Confused about what projection screen size to rent for your meeting, conference, or other event? You’re not alone. Projection screens come in a huge variety of sizes and shapes, and it can get confusing, fast.
But it’s critical to know how big your screen needs to be because there’s no single standard projector screen size. The last thing you want is a screen that can’t be seen by all your attendees, or worse — one that’s not compatible with the space or projector.
Luckily, once you have your basic event details figured out, calculating your screen size comes down to a few simple factors. To figure out the right projector and screen size for your event, you’ll need to know these basics:
- How many people you’re expecting
- Your content’s aspect ratio (We’ll explain.)

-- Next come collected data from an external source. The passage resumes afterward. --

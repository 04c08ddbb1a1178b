-- ===== src/Accounts/History/Content.antt =====
-- What the items of a history tell: each is one side of a transfer of the account, with the account
-- of the other side.
use chekin_interview.Base.{
  eq_of_test, ℕ, zero, suc, ◌≡◌, ◌≢◌, refl, ◌⊎◌, inl, inr, true, List, [], ◌∷◌, ◌++◌, arith, take,
  ◌==◌, Bool-cases, if◌then◌else◌,
}
use chekin_interview.Base.Int.{pos, ltb_ℤ}
use chekin_interview.Models.{LedgerEntry}
use chekin_interview.Schemas.{TransactionItem}
use chekin_interview.Database.{All}
use chekin_interview.Accounts.History.{
  Joined, newer, matches, join_one, join_all, insert_row, order_rows, history_rows, to_items,
  max_transactions,
}

-- An entry of the ledger.
abbrev pub InLedger : LedgerEntry → List LedgerEntry → Type 0
InLedger x [] = ⊥
InLedger x (y ∷ ys) = (x ≡ y) ⊎ InLedger x ys

-- One of the account's entries, with another entry of its transfer.
pub record IsPair (account_id : ℕ) (entries : List LedgerEntry) (row : Joined) : Type 0 where
  pub mine_listed : InLedger row.mine entries
  pub theirs_listed : InLedger row.theirs entries
  pub on_account : row.mine.account_id ≡ account_id
  pub same_transfer : row.theirs.transfer_id ≡ row.mine.transfer_id
  pub other_entry : row.theirs.id ≢ row.mine.id

-- What an item says of such a pair.
pub record Tells (account_id : ℕ) (entries : List LedgerEntry) (item : TransactionItem)
    : Type 0 where
  pub row : Joined
  pub pair : IsPair account_id entries row
  pub transfer : item.transfer_id ≡ row.mine.transfer_id
  pub signed : item.amount ≡ row.mine.amount
  pub counterparty : item.counterparty_account_id ≡ row.theirs.account_id
  pub time : item.created_at ≡ row.mine.created_at
  pub debit_or_credit : item.direction ≡ (if ltb_ℤ item.amount (pos 0) then "debit" else "credit")

All-append {ℓ κ} :
    {A : Type ℓ} (P : A → Type κ) (xs ys : List A) → All P xs → All P ys → All P (xs ++ ys)
All-append P [] ys h k = k
All-append P (x ∷ xs) ys h k = (h.0, All-append P xs ys h.1 k)

All-take {ℓ κ} : {A : Type ℓ} (P : A → Type κ) (n : ℕ) (xs : List A) → All P xs → All P (take n xs)
All-take P zero xs h = tt
All-take P (suc n) [] h = tt
All-take P (suc n) (x ∷ xs) h = (h.0, All-take P n xs h.1)

matches-true :
    (mine theirs : LedgerEntry)
    → matches mine theirs ≡ true
    → (theirs.transfer_id ≡ mine.transfer_id) × (theirs.id ≢ mine.id)
unfolding matches
matches-true mine theirs h = ground arith

module _ (account_id : ℕ) (entries : List LedgerEntry) where
  join_one-IsPair :
      (mine : LedgerEntry) (rest : List LedgerEntry)
      → InLedger mine entries
      → mine.account_id ≡ account_id
      → ((x : LedgerEntry) → InLedger x rest → InLedger x entries)
      → All (IsPair account_id entries) (join_one mine rest)
  unfolding join_one
  join_one-IsPair mine [] listed on sub = tt
  join_one-IsPair mine (theirs ∷ rest) listed on sub =
      let later = join_one-IsPair mine rest listed on (λ x h. sub x (inr h)) in
      elim (Bool-cases (matches mine theirs)) [
        | inl p ↦ rw p (
          record {
            mine_listed = listed;
            theirs_listed = sub theirs (inl refl);
            on_account = on;
            same_transfer = (matches-true mine theirs p).0;
            other_entry = (matches-true mine theirs p).1;
          },
          later,
        )
        | inr p ↦ rw p later
      ]

  join_all-IsPair :
      (rest : List LedgerEntry)
      → ((x : LedgerEntry) → InLedger x rest → InLedger x entries)
      → All (IsPair account_id entries) (join_all account_id entries rest)
  unfolding join_all
  join_all-IsPair [] sub = tt
  join_all-IsPair (mine ∷ rest) sub =
      let later = join_all-IsPair rest (λ x h. sub x (inr h)) in
      elim (Bool-cases (mine.account_id == account_id)) [
        | inl p ↦ rw p (
            All-append (IsPair account_id entries) (join_one mine entries) _
              (join_one-IsPair mine entries (sub mine (inl refl))
                (eq_of_test mine.account_id account_id p) (λ x h. h))
              later)
        | inr p ↦ rw p later
      ]

  insert_row-All :
      (x : Joined) (rows : List Joined)
      → IsPair account_id entries x
      → All (IsPair account_id entries) rows
      → All (IsPair account_id entries) (insert_row x rows)
  unfolding insert_row
  insert_row-All x [] h k = (h, tt)
  insert_row-All x (y ∷ ys) h k = elim (Bool-cases (newer x.mine y.mine)) [
    | inl p ↦ rw p (h, k)
    | inr p ↦ rw p (k.0, insert_row-All x ys h k.1)
  ]

  order_rows-All :
      (rows : List Joined)
      → All (IsPair account_id entries) rows
      → All (IsPair account_id entries) (order_rows rows)
  unfolding order_rows
  order_rows-All [] h = tt
  order_rows-All (x ∷ xs) h = insert_row-All x (order_rows xs) h.0 (order_rows-All xs h.1)

  to_items-Tells :
      (rows : List Joined)
      → All (IsPair account_id entries) rows
      → All (Tells account_id entries) (to_items rows)
  unfolding to_items
  to_items-Tells [] h = tt
  to_items-Tells (row ∷ rows) h = (
    record {
      row = row;
      pair = h.0;
      transfer = refl;
      signed = refl;
      counterparty = refl;
      time = refl;
      debit_or_credit = refl;
    },
    to_items-Tells rows h.1,
  )

  -- Each item of a history is one entry of the account, signed, and names the account of another
  -- entry of the same transfer; it is a debit exactly if its amount is negative.
  pub history-Tells : All (Tells account_id entries) (to_items (history_rows account_id entries))
  unfolding history_rows
  history-Tells =
      let rows = join_all account_id entries entries in
      to_items-Tells (take max_transactions (order_rows rows)) (
        All-take (IsPair account_id entries) max_transactions (order_rows rows)
          (order_rows-All rows (join_all-IsPair entries (λ x h. h))))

- Your venue’s ceiling height
- How bright your projector needs to be
STEP 1: DETERMINE HOW MANY PEOPLE YOU’RE EXPECTING.
First, confirm how many guests you’re expecting, and how many people can fit into your room. If your event is in a hotel, you can often see how many people will fit in different seating arrangements by looking on the hotel’s website.
For smaller meetings of up to 100 people, a teipod screen is a great option. Tripod screens come in 6′ and 8′ dimensions, can be either 16:9 and 4:3 aspect ratios, and are flexible in an event space. They also have adjustable legs so ceiling heights aren’t a concern, and they don’t require technician setup.
But if your audience is larger than 100 people, you’ll probably need a fastfold screen in the correct size. These screens require a professional to set-up, and you’ll usually need to confirm all the specific details with your AV provider before renting.
STEP 2: FIGURE OUT WHICH ASPECT RATIO YOUR CONTENT IS IN.
The next thing you’ll need to know is if your content is in a 16:9 or 4:3 aspect ratio.
Aspect ratio basically means the shape of the screen, based on a ratio of width to height. For example, a 4:3 aspect ratio for a projection screen means that for every 4 feet of width, there will be 3 feet of height.
These days, almost all content created on a computer is going to be in 16:9. But if you’re really unsure and can’t find the answer from your speaker, go with a 16:9 screen because your AV team can more easily adjust 4:3 content to fit on a 16:9 screen than vice versa.
Quick tip: You can find the aspect ratio of your PPT deck by viewing the “Design” tab and selecting “Page Setup” within your Power Point file. The drop down selected in the “Slides sized for” box will show either 4:3 or 16:9.
Now that you know your audience size and your aspect ratio, you can use this chart as a starting guide.
Projector Screen Size Chart
|Maximum Recommended Audience Size: 16:9 Screen||Recommended Screen Dimensions|
|100||5.5’ tall x 10’ wide|
|200||7’ x 12’|
|250||8’ x 14’|
|300||9’ x 16’|
|500||11.5’ x 24’|
|Maximum Recommended Audience Size: 4:3 Screen||Recommended Screen Dimensions|
|100||6’ tall x 8’ wide|
|200||7.5’ x 10’|
|300||9’ x 12’|
|500||10.5’ x 14’|
STEP 3: CONFIRM YOUR VENUE’S CEILING HEIGHT TO MAKE SURE YOU HAVE ENOUGH ROOM.
You’re almost there. You’ve chosen your screen size, and now you just have to make sure your venue’s ceilings are tall enough to accommodate the whole set-up.
For 4:3 screens: Add three feet of height for the legs. That means a 7.5’ x 10’ screen will have final dimensions of 10.5′ x 10′.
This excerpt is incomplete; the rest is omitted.